» Raw data:

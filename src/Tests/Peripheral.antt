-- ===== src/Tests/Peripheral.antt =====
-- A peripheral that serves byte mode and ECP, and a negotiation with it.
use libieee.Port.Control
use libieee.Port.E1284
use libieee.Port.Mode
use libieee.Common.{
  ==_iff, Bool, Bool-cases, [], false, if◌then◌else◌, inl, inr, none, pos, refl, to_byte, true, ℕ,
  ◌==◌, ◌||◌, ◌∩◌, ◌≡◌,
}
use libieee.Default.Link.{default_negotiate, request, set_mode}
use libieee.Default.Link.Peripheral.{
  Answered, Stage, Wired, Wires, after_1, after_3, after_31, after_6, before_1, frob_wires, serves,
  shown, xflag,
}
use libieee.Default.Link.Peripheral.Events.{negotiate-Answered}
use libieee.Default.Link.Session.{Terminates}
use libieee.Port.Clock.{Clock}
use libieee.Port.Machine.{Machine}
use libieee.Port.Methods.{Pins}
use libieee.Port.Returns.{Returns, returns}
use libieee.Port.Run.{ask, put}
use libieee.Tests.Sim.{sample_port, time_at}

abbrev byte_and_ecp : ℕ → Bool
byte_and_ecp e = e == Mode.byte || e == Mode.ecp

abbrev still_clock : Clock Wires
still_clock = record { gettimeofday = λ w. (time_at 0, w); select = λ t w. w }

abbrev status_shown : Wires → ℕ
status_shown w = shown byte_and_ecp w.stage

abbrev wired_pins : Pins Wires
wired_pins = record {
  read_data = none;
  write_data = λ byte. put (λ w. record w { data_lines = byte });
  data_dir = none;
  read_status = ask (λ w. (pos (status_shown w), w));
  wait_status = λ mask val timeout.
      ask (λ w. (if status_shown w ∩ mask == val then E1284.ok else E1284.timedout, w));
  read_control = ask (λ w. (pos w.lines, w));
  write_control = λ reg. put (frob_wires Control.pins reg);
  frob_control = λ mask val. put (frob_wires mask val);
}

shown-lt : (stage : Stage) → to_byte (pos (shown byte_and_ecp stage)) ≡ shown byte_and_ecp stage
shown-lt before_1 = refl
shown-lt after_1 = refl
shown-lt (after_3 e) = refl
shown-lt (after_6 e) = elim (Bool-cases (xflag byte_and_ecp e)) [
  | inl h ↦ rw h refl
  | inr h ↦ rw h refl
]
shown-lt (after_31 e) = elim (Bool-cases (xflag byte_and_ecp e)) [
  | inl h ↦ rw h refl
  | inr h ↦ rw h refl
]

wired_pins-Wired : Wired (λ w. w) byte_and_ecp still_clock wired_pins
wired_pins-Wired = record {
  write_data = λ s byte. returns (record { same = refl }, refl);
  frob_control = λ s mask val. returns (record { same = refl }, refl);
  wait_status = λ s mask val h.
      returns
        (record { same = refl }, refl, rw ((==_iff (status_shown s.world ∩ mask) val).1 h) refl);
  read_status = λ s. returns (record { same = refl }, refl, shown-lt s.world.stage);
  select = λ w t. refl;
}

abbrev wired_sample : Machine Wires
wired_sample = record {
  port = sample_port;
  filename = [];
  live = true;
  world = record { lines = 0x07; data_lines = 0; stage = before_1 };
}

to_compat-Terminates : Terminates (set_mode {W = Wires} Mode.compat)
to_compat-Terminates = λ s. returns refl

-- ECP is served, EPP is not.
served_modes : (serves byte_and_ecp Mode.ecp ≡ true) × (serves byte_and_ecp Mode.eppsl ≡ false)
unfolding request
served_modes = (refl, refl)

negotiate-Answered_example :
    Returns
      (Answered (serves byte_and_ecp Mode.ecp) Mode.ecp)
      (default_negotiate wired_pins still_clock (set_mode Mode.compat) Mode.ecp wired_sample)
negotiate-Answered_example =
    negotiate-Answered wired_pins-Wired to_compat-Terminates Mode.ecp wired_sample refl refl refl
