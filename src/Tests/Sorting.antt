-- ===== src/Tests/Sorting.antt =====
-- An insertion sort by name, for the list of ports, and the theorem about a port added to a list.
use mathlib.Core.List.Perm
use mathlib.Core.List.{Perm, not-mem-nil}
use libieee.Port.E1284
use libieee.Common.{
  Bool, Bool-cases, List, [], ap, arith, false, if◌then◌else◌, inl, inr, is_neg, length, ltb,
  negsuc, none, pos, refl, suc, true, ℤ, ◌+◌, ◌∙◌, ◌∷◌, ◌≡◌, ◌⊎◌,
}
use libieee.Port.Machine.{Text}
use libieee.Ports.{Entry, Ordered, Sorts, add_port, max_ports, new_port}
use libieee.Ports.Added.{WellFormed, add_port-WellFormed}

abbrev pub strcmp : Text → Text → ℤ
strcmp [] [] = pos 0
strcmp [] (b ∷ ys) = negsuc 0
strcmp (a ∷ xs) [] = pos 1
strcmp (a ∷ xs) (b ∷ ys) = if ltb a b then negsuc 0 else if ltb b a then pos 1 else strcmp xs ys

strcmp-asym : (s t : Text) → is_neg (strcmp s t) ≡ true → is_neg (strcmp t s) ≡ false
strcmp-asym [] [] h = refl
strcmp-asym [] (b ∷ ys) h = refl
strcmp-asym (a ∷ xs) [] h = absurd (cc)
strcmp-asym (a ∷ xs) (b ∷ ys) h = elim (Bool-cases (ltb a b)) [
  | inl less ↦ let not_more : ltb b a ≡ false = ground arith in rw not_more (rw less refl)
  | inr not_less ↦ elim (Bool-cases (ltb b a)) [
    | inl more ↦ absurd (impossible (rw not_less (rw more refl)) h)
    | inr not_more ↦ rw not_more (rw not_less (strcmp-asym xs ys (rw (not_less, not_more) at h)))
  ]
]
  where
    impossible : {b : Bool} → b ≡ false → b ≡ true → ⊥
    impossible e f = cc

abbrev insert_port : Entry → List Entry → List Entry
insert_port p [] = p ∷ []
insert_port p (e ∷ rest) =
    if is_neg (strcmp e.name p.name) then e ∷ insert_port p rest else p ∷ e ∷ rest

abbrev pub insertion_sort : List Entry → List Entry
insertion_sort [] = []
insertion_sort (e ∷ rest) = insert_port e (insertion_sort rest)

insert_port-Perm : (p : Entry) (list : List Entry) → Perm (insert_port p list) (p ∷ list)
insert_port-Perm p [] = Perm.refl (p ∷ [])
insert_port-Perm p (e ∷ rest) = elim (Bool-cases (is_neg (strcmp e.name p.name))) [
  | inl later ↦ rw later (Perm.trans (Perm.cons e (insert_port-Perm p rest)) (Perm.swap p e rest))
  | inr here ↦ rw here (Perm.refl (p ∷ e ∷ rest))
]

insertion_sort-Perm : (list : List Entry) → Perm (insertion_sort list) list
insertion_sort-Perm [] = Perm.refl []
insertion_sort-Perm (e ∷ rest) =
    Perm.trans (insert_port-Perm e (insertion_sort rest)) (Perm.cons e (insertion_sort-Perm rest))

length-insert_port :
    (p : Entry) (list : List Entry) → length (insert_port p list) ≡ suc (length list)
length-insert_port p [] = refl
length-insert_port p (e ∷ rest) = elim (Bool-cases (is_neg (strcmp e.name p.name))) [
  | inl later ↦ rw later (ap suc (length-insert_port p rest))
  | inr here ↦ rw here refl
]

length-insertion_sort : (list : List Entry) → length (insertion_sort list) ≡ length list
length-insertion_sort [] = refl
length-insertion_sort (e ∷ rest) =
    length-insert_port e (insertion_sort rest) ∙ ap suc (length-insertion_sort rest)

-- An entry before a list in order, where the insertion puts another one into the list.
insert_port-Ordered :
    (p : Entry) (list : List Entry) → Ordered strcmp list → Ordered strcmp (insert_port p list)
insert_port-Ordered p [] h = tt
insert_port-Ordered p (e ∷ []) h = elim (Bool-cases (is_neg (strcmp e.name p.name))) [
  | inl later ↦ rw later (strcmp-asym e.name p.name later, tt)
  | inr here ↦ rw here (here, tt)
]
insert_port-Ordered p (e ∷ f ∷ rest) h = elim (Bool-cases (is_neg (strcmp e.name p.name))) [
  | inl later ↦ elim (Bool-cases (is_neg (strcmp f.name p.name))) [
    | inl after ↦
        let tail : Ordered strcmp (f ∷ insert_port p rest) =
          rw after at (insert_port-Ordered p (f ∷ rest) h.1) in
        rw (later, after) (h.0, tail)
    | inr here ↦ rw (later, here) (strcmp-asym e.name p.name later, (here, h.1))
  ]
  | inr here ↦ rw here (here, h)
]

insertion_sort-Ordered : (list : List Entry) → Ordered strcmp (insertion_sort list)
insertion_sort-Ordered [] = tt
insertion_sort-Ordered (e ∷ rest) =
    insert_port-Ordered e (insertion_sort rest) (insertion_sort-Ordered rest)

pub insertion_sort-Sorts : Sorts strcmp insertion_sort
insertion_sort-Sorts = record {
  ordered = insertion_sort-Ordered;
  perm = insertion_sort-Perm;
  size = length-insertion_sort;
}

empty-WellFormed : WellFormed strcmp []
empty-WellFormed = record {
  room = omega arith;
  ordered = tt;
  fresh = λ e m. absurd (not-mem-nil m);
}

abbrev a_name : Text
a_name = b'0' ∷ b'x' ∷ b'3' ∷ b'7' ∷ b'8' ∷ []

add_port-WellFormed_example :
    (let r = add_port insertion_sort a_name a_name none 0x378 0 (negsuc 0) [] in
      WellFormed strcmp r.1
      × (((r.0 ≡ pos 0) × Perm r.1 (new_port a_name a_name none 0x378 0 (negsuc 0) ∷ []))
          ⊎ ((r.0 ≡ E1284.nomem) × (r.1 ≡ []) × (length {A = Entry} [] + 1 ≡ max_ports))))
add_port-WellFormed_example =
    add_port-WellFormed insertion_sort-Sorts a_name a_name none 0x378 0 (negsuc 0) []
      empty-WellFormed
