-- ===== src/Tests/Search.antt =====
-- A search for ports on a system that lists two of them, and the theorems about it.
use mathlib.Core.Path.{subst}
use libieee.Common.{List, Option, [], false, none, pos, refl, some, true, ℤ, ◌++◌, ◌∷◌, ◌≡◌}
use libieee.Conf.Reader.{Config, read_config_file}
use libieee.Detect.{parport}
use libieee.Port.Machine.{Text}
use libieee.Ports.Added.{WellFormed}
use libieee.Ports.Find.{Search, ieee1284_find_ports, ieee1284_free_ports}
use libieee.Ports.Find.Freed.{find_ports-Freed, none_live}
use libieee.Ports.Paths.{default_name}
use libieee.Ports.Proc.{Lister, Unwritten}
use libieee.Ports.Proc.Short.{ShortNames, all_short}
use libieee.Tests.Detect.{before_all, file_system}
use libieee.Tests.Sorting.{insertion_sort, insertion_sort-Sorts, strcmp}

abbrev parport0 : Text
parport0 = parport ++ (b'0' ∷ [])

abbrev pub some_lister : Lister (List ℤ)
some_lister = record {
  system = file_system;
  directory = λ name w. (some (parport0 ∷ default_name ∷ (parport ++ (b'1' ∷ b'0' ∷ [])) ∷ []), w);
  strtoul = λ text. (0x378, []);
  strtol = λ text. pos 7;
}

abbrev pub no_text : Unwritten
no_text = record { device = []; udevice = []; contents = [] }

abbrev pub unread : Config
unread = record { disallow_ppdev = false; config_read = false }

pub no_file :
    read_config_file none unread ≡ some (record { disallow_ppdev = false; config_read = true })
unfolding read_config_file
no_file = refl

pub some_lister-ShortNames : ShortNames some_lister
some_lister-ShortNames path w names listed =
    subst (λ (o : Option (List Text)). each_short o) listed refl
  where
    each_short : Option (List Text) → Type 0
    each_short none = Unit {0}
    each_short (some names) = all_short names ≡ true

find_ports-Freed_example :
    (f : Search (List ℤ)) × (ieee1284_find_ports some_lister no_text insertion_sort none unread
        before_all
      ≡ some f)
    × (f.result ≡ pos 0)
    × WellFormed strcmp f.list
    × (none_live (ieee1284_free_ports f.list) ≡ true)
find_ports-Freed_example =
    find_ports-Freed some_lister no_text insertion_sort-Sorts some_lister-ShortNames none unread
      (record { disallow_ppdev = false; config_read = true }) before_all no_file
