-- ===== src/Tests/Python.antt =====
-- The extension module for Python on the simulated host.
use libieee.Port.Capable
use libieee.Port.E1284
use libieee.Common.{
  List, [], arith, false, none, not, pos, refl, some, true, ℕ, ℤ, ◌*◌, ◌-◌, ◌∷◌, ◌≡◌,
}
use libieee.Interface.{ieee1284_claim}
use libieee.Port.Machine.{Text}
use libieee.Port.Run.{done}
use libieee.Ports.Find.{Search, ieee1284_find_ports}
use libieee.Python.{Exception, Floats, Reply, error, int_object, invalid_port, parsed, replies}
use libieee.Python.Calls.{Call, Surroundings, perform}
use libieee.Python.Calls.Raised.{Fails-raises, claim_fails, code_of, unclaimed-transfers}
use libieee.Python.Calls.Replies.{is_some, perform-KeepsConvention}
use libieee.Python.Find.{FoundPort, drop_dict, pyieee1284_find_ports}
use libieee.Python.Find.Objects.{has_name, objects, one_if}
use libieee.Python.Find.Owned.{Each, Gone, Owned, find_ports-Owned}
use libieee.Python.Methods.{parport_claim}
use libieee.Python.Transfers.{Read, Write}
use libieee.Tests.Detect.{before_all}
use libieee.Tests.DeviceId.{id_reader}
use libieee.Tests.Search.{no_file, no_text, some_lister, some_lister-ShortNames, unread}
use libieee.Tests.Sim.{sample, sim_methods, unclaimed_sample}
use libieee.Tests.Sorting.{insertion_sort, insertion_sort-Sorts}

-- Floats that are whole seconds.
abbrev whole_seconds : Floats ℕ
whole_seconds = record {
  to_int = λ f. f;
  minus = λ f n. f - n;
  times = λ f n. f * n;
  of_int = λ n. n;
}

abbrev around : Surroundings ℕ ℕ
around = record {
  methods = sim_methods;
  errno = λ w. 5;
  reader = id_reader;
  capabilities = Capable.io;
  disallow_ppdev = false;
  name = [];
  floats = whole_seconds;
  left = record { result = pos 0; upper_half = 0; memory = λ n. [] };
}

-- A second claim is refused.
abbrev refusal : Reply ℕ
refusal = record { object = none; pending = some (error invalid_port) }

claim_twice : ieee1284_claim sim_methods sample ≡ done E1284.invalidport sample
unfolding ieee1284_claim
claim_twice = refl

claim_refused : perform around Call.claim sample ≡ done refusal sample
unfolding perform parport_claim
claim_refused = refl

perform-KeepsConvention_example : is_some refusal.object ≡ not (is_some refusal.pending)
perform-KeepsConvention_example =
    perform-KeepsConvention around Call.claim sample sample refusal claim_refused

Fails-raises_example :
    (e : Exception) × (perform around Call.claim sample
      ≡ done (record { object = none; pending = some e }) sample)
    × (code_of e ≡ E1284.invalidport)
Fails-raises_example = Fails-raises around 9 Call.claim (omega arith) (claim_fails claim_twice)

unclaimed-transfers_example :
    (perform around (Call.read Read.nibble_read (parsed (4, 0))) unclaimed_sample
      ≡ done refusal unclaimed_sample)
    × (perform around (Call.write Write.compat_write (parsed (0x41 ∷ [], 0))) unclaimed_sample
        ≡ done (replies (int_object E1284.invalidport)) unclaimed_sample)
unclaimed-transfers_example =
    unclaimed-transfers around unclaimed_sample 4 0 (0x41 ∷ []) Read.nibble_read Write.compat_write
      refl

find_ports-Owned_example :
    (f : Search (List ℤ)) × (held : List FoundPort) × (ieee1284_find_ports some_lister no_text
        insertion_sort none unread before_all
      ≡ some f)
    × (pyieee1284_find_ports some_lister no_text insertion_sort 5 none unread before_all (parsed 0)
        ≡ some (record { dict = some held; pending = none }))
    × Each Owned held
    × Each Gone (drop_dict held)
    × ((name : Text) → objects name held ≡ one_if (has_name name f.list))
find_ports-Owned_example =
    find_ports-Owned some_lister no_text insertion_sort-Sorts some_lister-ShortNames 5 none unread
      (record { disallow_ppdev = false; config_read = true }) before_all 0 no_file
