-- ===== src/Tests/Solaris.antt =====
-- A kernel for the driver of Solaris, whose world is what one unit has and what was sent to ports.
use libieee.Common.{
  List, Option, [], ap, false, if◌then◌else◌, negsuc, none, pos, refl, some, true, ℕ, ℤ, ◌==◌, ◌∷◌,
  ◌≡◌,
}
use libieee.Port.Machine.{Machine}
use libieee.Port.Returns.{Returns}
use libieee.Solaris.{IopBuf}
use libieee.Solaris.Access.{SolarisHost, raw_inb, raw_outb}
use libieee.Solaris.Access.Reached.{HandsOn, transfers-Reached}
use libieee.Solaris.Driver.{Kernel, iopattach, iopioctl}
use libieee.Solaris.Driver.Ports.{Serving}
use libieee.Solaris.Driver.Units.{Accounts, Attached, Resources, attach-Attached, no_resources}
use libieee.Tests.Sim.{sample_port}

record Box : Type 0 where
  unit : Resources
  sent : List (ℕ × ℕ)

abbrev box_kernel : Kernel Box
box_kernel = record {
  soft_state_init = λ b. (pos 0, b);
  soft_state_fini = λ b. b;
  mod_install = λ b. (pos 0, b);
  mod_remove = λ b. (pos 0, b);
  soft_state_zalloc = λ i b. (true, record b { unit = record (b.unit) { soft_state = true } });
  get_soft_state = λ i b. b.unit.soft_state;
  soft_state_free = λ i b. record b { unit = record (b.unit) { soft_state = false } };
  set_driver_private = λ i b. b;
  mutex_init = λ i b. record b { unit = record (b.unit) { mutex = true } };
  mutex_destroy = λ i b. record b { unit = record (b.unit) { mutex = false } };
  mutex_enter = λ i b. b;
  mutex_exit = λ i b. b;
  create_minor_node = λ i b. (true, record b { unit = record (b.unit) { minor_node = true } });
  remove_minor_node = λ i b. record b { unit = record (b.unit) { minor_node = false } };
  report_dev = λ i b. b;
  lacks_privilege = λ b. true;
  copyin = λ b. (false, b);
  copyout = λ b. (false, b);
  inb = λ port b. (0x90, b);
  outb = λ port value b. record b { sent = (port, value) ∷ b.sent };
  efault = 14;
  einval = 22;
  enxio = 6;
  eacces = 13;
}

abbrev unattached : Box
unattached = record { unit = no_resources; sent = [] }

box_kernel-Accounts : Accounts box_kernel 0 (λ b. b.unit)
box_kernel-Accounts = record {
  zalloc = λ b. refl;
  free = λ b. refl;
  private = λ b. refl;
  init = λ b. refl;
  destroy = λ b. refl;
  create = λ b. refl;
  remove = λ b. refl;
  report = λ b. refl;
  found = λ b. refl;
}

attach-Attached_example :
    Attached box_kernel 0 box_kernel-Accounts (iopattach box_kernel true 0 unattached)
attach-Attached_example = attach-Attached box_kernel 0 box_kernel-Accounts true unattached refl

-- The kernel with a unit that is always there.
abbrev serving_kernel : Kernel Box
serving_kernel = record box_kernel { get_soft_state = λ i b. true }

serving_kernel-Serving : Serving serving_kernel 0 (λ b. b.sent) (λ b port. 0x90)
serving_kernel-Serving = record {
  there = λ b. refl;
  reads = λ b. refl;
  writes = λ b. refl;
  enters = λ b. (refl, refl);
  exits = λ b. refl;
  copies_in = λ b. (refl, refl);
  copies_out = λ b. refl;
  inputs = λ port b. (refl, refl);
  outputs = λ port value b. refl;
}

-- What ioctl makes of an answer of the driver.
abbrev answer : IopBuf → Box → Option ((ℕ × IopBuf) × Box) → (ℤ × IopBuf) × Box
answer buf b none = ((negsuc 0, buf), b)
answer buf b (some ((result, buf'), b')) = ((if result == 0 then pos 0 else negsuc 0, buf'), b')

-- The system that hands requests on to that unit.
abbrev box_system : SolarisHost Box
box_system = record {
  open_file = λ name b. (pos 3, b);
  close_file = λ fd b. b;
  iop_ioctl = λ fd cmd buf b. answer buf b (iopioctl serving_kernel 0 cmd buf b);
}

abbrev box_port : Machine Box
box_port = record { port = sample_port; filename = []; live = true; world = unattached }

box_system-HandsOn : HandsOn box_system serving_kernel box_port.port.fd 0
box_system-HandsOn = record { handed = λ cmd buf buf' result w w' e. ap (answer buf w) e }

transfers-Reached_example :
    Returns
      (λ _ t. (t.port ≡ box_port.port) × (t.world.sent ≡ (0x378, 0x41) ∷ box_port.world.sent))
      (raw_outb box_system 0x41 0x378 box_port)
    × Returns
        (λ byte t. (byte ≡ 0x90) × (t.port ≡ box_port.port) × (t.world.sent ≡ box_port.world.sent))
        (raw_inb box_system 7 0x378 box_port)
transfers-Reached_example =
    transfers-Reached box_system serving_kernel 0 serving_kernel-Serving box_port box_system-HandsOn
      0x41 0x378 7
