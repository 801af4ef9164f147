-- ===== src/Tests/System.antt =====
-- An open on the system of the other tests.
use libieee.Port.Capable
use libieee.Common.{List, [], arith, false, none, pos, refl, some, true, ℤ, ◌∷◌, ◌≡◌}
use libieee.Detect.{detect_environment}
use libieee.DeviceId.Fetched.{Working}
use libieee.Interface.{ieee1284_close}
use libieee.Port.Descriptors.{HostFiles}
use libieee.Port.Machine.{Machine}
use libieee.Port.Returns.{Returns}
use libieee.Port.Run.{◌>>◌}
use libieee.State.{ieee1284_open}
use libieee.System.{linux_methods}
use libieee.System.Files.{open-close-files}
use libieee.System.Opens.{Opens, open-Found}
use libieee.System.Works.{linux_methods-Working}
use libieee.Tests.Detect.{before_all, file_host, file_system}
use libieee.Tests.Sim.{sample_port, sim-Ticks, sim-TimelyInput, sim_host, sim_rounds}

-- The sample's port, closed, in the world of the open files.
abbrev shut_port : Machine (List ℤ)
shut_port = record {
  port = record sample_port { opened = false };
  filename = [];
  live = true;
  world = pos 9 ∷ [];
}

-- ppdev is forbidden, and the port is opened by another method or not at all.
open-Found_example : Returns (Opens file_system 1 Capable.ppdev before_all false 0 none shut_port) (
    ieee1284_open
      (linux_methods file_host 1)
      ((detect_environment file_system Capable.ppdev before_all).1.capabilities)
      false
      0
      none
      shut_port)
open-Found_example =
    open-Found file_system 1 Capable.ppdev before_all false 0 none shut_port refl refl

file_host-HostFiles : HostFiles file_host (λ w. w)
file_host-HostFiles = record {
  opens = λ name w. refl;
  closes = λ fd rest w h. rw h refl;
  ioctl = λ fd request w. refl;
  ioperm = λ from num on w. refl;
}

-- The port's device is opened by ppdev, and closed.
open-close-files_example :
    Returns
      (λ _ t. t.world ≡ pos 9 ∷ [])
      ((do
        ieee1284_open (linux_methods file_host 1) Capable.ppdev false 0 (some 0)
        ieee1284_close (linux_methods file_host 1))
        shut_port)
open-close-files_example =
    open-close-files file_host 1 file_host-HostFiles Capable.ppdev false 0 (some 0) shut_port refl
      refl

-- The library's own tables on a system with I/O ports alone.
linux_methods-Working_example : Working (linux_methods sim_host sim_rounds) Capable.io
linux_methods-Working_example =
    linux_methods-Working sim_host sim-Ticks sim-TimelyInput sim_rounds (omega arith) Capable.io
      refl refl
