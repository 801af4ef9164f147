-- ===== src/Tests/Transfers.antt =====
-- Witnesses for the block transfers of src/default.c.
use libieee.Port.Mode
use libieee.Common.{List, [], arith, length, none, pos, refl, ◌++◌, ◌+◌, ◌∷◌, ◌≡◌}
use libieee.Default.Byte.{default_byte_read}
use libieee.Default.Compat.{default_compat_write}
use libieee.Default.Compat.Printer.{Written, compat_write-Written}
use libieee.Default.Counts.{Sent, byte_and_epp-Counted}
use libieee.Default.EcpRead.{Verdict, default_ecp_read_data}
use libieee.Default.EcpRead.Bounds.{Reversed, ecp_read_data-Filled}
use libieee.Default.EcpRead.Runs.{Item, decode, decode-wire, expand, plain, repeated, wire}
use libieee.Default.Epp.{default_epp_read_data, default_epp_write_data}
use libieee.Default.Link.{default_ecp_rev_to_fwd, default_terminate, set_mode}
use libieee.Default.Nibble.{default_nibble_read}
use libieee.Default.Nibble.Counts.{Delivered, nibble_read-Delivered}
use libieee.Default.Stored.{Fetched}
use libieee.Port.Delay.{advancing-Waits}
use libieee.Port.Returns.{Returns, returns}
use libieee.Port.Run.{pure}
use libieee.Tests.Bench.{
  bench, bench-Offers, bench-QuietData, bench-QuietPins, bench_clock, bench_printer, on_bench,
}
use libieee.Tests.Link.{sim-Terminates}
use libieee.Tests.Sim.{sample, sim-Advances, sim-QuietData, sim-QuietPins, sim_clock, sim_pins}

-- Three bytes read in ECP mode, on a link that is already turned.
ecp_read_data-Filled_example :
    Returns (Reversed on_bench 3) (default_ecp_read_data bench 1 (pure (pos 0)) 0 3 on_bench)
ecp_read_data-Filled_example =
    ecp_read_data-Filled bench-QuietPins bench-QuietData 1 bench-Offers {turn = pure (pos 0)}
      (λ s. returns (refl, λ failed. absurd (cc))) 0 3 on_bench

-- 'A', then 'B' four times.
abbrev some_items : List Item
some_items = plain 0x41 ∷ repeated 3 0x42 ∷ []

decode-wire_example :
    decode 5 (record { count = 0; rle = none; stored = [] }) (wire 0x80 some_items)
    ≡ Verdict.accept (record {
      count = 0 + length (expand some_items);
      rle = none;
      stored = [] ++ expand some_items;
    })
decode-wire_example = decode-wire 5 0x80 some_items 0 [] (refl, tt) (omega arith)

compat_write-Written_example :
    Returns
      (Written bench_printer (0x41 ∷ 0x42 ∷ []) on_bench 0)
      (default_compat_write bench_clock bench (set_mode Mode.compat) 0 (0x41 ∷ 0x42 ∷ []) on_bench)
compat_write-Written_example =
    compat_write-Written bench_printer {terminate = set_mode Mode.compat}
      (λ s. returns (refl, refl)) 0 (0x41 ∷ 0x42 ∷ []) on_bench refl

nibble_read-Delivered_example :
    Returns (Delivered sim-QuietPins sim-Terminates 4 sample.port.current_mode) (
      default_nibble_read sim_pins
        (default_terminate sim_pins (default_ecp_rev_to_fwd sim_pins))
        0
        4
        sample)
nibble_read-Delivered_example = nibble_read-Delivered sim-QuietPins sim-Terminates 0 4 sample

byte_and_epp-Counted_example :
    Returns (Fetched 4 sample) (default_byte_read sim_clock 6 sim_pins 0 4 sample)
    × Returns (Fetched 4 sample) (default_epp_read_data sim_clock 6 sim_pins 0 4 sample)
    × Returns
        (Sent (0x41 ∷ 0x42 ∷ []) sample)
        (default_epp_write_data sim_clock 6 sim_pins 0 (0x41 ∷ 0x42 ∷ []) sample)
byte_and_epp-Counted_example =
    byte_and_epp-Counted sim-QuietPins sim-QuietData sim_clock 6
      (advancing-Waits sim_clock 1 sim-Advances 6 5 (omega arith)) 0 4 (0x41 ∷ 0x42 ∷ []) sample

» Instructions to follow: Reproduce the lines above, beginning at the line with "insert_port p [] = p ∷ []" and stopping after the line with "insertion_sort (e ∷ rest) = insert_port", exactly as they are.

» Exercise solution:
insert_port p [] = p ∷ []
insert_port p (e ∷ rest) =
    if is_neg (strcmp e.name p.name) then e ∷ insert_port p rest else p ∷ e ∷ rest

abbrev pub insertion_sort : List Entry → List Entry
insertion_sort [] = []
insertion_sort (e ∷ rest) = insert_port e (insertion_sort rest)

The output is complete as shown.